Однако, кого бы Гюльсум ни встретила, взрослого или ребенка, он все равно хоть чем-нибудь да напоминал ей Исмаила. А стая журавлей в небе, по ее мнению, не могла лететь никуда, кроме Эдирне; когда Гюльсум ела, она всегда гадала: а понравилось бы это Исмаилу? Если шел дождь, она беспокоилась: «Надеюсь, Исмаил сейчас не на улице», если гремел гром — «Интересно, не боится ли Исмаил?» Рост большой соседской собаки, по ее мнению, был в точности, как у Исмаила, а кустарник на морском берегу — в два раза больше него.
Когда она услышала, как кто-то в газете прочел о том, что в Кильосе[21] утонул ребенок, она заволновалась: «Может, это был Исмаил? Он малюсенький, что он понимает?

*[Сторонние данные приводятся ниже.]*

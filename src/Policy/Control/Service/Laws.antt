-- ===== src/Policy/Control/Service/Laws.antt =====
-- What the steps of a command do to the tables.
use clock_ha_orchestrator.Prelude.{
  ℕ, ◌+◌, ◌<◌, ◌≡◌, refl, sym, subst, ap, ◌∙◌, Bool, true, false, not, ◌&&◌, Option, none, some,
  List, ◌∷◌, String, if◌then◌else◌, ◌==◌, ==_iff, select, All, is_some, arith,
}
use clock_ha_orchestrator.Prelude.Results.{Result, ok, err, Returns}
use clock_ha_orchestrator.Domain.Enums.{is_automatic}
use clock_ha_orchestrator.Domain.Time.{ZoneInfo, utc_time, to_hotel}
use clock_ha_orchestrator.Domain.Temperature.{Float}
use clock_ha_orchestrator.Domain.Models.{
  HotelPolicy, Room, RoomRegistry, is_active, before_limit, other_booking,
}
use clock_ha_orchestrator.Policy.Control.Text.{ControlError}
use clock_ha_orchestrator.Policy.Control.Rows.{
  control_state_payload_from_override, override_of_row, utc_option, ends_after, latest_override_row,
  override_row_is_active,
}
use clock_ha_orchestrator.Policy.Control.Draft.{build_override_row}
use clock_ha_orchestrator.Policy.Control.Draft.Laws.{
  Stamped, Limits, cleared, until_checkout, timed, IsCommandRow, build_override_row-IsCommandRow,
}
use clock_ha_orchestrator.Policy.Control.Service.{
  property_or_new, room_or_new, room_control_state, control_event, settle_command, command_audit,
  ensure_property, ensure_room, apply_to_room,
}
use clock_ha_orchestrator.Persistence.Rows.{
  Payload, control_state, AuditType, AuditEvent, PropertyRow, RoomRow, OverrideRow,
}
use clock_ha_orchestrator.Outbox.Store.{OutboxEvent, Status}
use clock_ha_orchestrator.Persistence.Session.Queries.{newest_head}
use clock_ha_orchestrator.Persistence.Session.{Database, newest}

-- Two databases have the same overrides, outbox, room states and bookings.
abbrev pub Same : Database → Database → Type 0
Same a b =
    (a.overrides ≡ b.overrides)
    × (a.outbox_events ≡ b.outbox_events)
    × (a.room_states ≡ b.room_states)
    × (a.bookings ≡ b.bookings)

-- The test of the row and the test of the override agree on the limits of a row.
Limits-agree :
    (z : ZoneInfo) (now start : ℕ) (auto until other : Bool) (booking checkout expires : Option ℕ)
    → Limits start auto until booking checkout expires
    → (if auto
        then false
        else if until
        then if other then false else before_limit (to_hotel z (utc_time now)) (utc_option checkout)
        else before_limit (to_hotel z (utc_time now)) (utc_option expires))
      ≡ ((if auto
            then false
            else if until
            then if is_some booking then ends_after checkout now else false
            else ends_after expires now)
          && not (until && other))
Limits-agree z now start _ _ other _ _ _ cleared = refl
Limits-agree z now start _ _ true _ _ _ (until_checkout b c p) = ground arith
Limits-agree z now start _ _ false _ _ _ (until_checkout b c p) = ground arith
Limits-agree z now start _ _ other _ _ _ (timed d m e) = ground arith

-- For a row with the limits of its mode, the manual override made of it is in force at a time exactly
-- if the row is and the override does not wait for the checkout of another booking.
pub override_of_row-active :
    (z : ZoneInfo) (row : OverrideRow) (now : ℕ) (own id : Option String)
    → IsCommandRow row
    → is_active (override_of_row row own) (to_hotel z (utc_time now)) id
      ≡ (override_row_is_active row now && not (row.until_checkout && other_booking own id))
unfolding override_row_is_active is_active
override_of_row-active z row now own id c =
    Limits-agree z now row.starts_at (is_automatic row.control_mode) row.until_checkout
      (other_booking own id) row.booking_id row.checkout_at row.expires_at c.1

-- One audit event more, of a type, at a time and for a command.
abbrev pub Audited : AuditType → ℕ → ℕ → Database → Database → Type 0
Audited event_type now id before after =
    (e : AuditEvent) × (after.audit_events ≡ e ∷ before.audit_events)
    × (e.event_type ≡ event_type)
    × (e.created_at ≡ now)
    × (e.correlation_id ≡ id)

-- Nothing is changed but the registry's rows.
abbrev pub Quiet : Database → Database → Type 0
Quiet a b = Same a b × (a.audit_events ≡ b.audit_events)

Same-refl : (db : Database) → Same db db
Same-refl db = (refl, refl, refl, refl)

pub Quiet-trans : (a b c : Database) → Quiet a b → Quiet b c → Quiet a c
Quiet-trans a b c p q = ((p.0.0 ∙ q.0.0, p.0.1 ∙ q.0.1, p.0.2 ∙ q.0.2, p.0.3 ∙ q.0.3), p.1 ∙ q.1)

pub property_or_new-Quiet :
    (uuid : ℕ → ℕ) (key : String) (found : Option PropertyRow) (db : Database)
    → Quiet (property_or_new uuid key found db).0 db
property_or_new-Quiet uuid key none db = (Same-refl db, refl)
property_or_new-Quiet uuid key (some row) db = (Same-refl db, refl)

pub room_or_new-Quiet :
    (uuid : ℕ → ℕ) (id : ℕ) (room : Room) (found : Option RoomRow) (db : Database)
    → Quiet (room_or_new uuid id room found db).0 db
room_or_new-Quiet uuid id room none db = (Same-refl db, refl)
room_or_new-Quiet uuid id room (some row) db = (Same-refl db, refl)

pub ensure_property-Quiet :
    (uuid : ℕ → ℕ) (key : String) (db : Database) → Quiet (ensure_property uuid key db).0 db
unfolding ensure_property
ensure_property-Quiet uuid key db = property_or_new-Quiet uuid key _ db

pub ensure_room-Quiet :
    (uuid : ℕ → ℕ) (id : ℕ) (room : Room) (db : Database) → Quiet (ensure_room uuid id room db).0 db
unfolding ensure_room
ensure_room-Quiet uuid id room db = room_or_new-Quiet uuid id room _ db

-- The text that an accepted command publishes.
abbrev pub control_text : (Payload → String) → String → ℕ → OverrideRow → String
control_text serialize key now row =
    serialize (control_state (control_state_payload_from_override key (some row) now none))

module _ (now id : ℕ) where
  abbrev pub Rejected : Database → Database → Type 0
  Rejected before after = Same after before × Audited AuditType.command_rejected now id before after

  pub Quiet-Rejected : (a b c : Database) → Quiet b a → Rejected b c → Rejected a c
  Quiet-Rejected a b c q r = (
    (r.0.0 ∙ q.0.0, r.0.1 ∙ q.0.1, r.0.2 ∙ q.0.2, r.0.3 ∙ q.0.3),
    (r.1.0, r.1.1 ∙ ap (λ l. r.1.0 ∷ l) q.1, r.1.2, r.1.3, r.1.4),
  )

  -- The new override of the room, which is its latest if every earlier one started before, the new event
  -- on the room's topic, and the audit event.
  abbrev pub Accepted : ℕ → String → (OverrideRow → String) → Database → Database → Type 0
  Accepted room_id topic text before after =
      (row : OverrideRow) × (event : OutboxEvent) × (after.overrides ≡ row ∷ before.overrides)
      × (after.outbox_events ≡ event ∷ before.outbox_events)
      × (row.room_id ≡ room_id)
      × (row.starts_at ≡ now)
      × (row.command_id ≡ id)
      × (event.topic ≡ topic)
      × (event.payload ≡ text row)
      × (event.status ≡ Status.pending)
      × (latest_override_row room_id after ≡ some row)
      × Audited AuditType.command_accepted now id before after

  pub Quiet-Accepted :
      (room_id : ℕ) (topic : String) (text : OverrideRow → String) (a b c : Database)
      → Quiet b a
      → Accepted room_id topic text b c
      → Accepted room_id topic text a c
  Quiet-Accepted room_id topic text a b c q (row, event, o, e, n, s, i, t, y, p, l, au) = (
    row,
    event,
    o ∙ ap (λ x. row ∷ x) q.0.0,
    e ∙ ap (λ x. event ∷ x) q.0.1,
    n,
    s,
    i,
    t,
    y,
    p,
    l,
    (au.0, au.1 ∙ ap (λ x. au.0 ∷ x) q.1, au.2, au.3, au.4),
  )

latest_of_head :
    (row : OverrideRow) (now : ℕ) (db after : Database)
    → after.overrides ≡ row ∷ db.overrides
    → row.starts_at ≡ now
    → All (λ r. r.starts_at < now) db.overrides
    → latest_override_row row.room_id after ≡ some row
unfolding latest_override_row
latest_of_head row now db after o s h =
    ap (λ l. newest (λ r. r.starts_at) (λ r. r.id) (select (λ r. r.room_id == row.room_id) l)) o
    ∙ newest_head (λ r. r.starts_at) (λ r. r.id) (λ r. r.room_id == row.room_id) row db.overrides
        ((==_iff row.room_id row.room_id).1 refl)
        (subst (λ t. All (λ r. r.starts_at < t) db.overrides) (sym s) h)

module _ (uuid : ℕ → ℕ) (parse : List ℕ → Option Float) (serialize : Payload → String)
    (prefix : String) (registry : RoomRegistry) (policy : HotelPolicy) (now id : ℕ) where
  pub settle_command-IsCommandRow :
      (property_id room_id : ℕ) (key : String) (result : Result ControlError (ℕ → OverrideRow))
      (db : Database)
      → Returns (λ make. (n : ℕ) → IsCommandRow (make n)) result
      → All IsCommandRow db.overrides
      → All IsCommandRow
          (settle_command uuid parse serialize prefix registry policy property_id room_id key now id
            result db).0.overrides
  unfolding settle_command
  settle_command-IsCommandRow property_id room_id key (err e) db r h = h
  settle_command-IsCommandRow property_id room_id key (ok make) db r h = (r (uuid db.drawn), h)

  pub apply_to_room-IsCommandRow :
      (property_id : ℕ) (room : Option Room) (field : String) (payload : Option (List ℕ))
      (db : Database)
      → All IsCommandRow db.overrides
      → All IsCommandRow
          (apply_to_room uuid parse serialize prefix registry policy property_id room field payload
            now id db).0.overrides
  unfolding apply_to_room
  apply_to_room-IsCommandRow property_id none field payload db h = h
  apply_to_room-IsCommandRow property_id (some room) field payload db h =
      settle_command-IsCommandRow property_id row.1 room.key
        (build_override_row parse policy row.1 field payload now id row.0) row.0
        (build_override_row-IsCommandRow parse policy row.1 field payload now id row.0 kept) kept
    where
      row : Database × ℕ
      row = ensure_room uuid property_id room db

      kept : All IsCommandRow row.0.overrides
      kept = subst (All IsCommandRow) (sym (ensure_room-Quiet uuid property_id room db).0.0) h

  pub settle_command-Rejected :
      (property_id room_id : ℕ) (key : String) (result : Result ControlError (ℕ → OverrideRow))
      (db : Database)
      → (settle_command uuid parse serialize prefix registry policy property_id room_id key now id
          result db).1.accepted
        ≡ false
      → Rejected now id db
          (settle_command uuid parse serialize prefix registry policy property_id room_id key now id
            result db).0
  unfolding settle_command
  settle_command-Rejected property_id room_id key (err e) db h = (
    Same-refl db,
    (
      command_audit AuditType.command_rejected property_id (some room_id) now id,
      refl,
      refl,
      refl,
      refl,
    ),
  )
  settle_command-Rejected property_id room_id key (ok make) db h = ground arith

  pub settle_command-Accepted :
      (property_id room_id : ℕ) (key : String) (result : Result ControlError (ℕ → OverrideRow))
      (db : Database)
      → Returns (λ make. (n : ℕ) → Stamped room_id now id (make n)) result
      → All (λ r. r.starts_at < now) db.overrides
      → (settle_command uuid parse serialize prefix registry policy property_id room_id key now id
          result db).1.accepted
        ≡ true
      → Accepted now id room_id
          (room_control_state prefix key)
          (control_text serialize key now)
          db
          (settle_command uuid parse serialize prefix registry policy property_id room_id key now id
            result db).0
  unfolding settle_command
  settle_command-Accepted property_id room_id key (err e) db r o h = ground arith
  settle_command-Accepted property_id room_id key (ok make) db r o h = (
    row,
    event,
    refl,
    refl,
    stamp.0,
    stamp.1,
    stamp.2,
    refl,
    refl,
    refl,
    subst
        (λ n.
          latest_override_row n
            (settle_command uuid parse serialize prefix registry policy property_id room_id key now
              id (ok make) db).0
          ≡ some row)
        stamp.0 (latest_of_head row now db _ refl stamp.1 o),
    (
      command_audit AuditType.command_accepted property_id (some room_id) now id,
      refl,
      refl,
      refl,
      refl,
    ),
  )
    where
      row : OverrideRow
      row = make (uuid db.drawn)

      stamp : Stamped room_id now id row
      stamp = r (uuid db.drawn)

      event : OutboxEvent
      event =
          control_event uuid parse serialize prefix registry policy key row now
            (uuid (db.drawn + 1))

Наверное, он сбежал из Эдирне и бросился в море».
Потом Гюльсум продолжала рассказывать о нескончаемых приключениях и событиях в жизни Исмаила.
Домашние терпеливо, даже с некоторой жалостью выслушивали эти истории, но через какое-то время их терпение иссякло.
С некоторых пор, если до ушей хозяйки дома, которая занималась подсчетами, среди прочей болтовни и бормотания Гюльсум, вдруг долетели фразы об Исмаиле, она кричала, срываясь на визг: «Замолчи, девочка! Меня уже вконец утомили твои разговоры про Исмаила!» А нервные маленькие барышни, живущие в особняке, жаловались: «Когда я слышу Исмаил, меня тошнит».
В конце концов это надоело и остальным детям. Как только они слышали имя Исмаил, они тут же в один голос вопили: «Ты что, других слов больше не знаешь?»
При таком положении дел Гюльсум даже стала бояться вспоминать имя брата. Однако в этот раз все вышло по-другому. Однажды ночью Невнихаль-калфа рассказывала сказку:
— Жил-был один бедный дровосек — такой же бедняк, как Йорганлы. Однажды он понял, что не сможет накормить двух своих детей. Тогда он привел на вершину горы. «Вы посидите здесь, а я пойду нарублю дров на том холме», — сказал он. Дети сидели и ждали отца, а он, повесив на дерево две тыквы и взвалив топор себе на плечо, быстро ушел… При каждом дуновений ветра тыквы бились друг о дружку: «тук-тук», а дети думали, что это звук топора… Наконец совсем стемнело; дети пошли на этот звук и, увидев тыквы, поняли что отец бросил их и сбежал. От страха и отчаяния они кричали до самого утра…
Гюльсум жадно ловила каждое слово и живо представляла на месте дровосека Йорганлы, а себя и своего брата — на месте обманутых звуком тыквы детей.
Потом, каждый раз, когда малыши хотели послушать сказку, Гюльсум начинала рассказ про «стучащую тыковку». Но дети кричали: «Нам уже надоела эта сказка», и жаловались: «Мама, смотри, опять эта невежда рассказывает про дровосека».
Между тем имя Исмаила со временем забылось, однако у Гюльсум осталась неискоренимая привычка: когда она стояла, то слегка поднимала руки ладонями вверх, будто держала ребенка.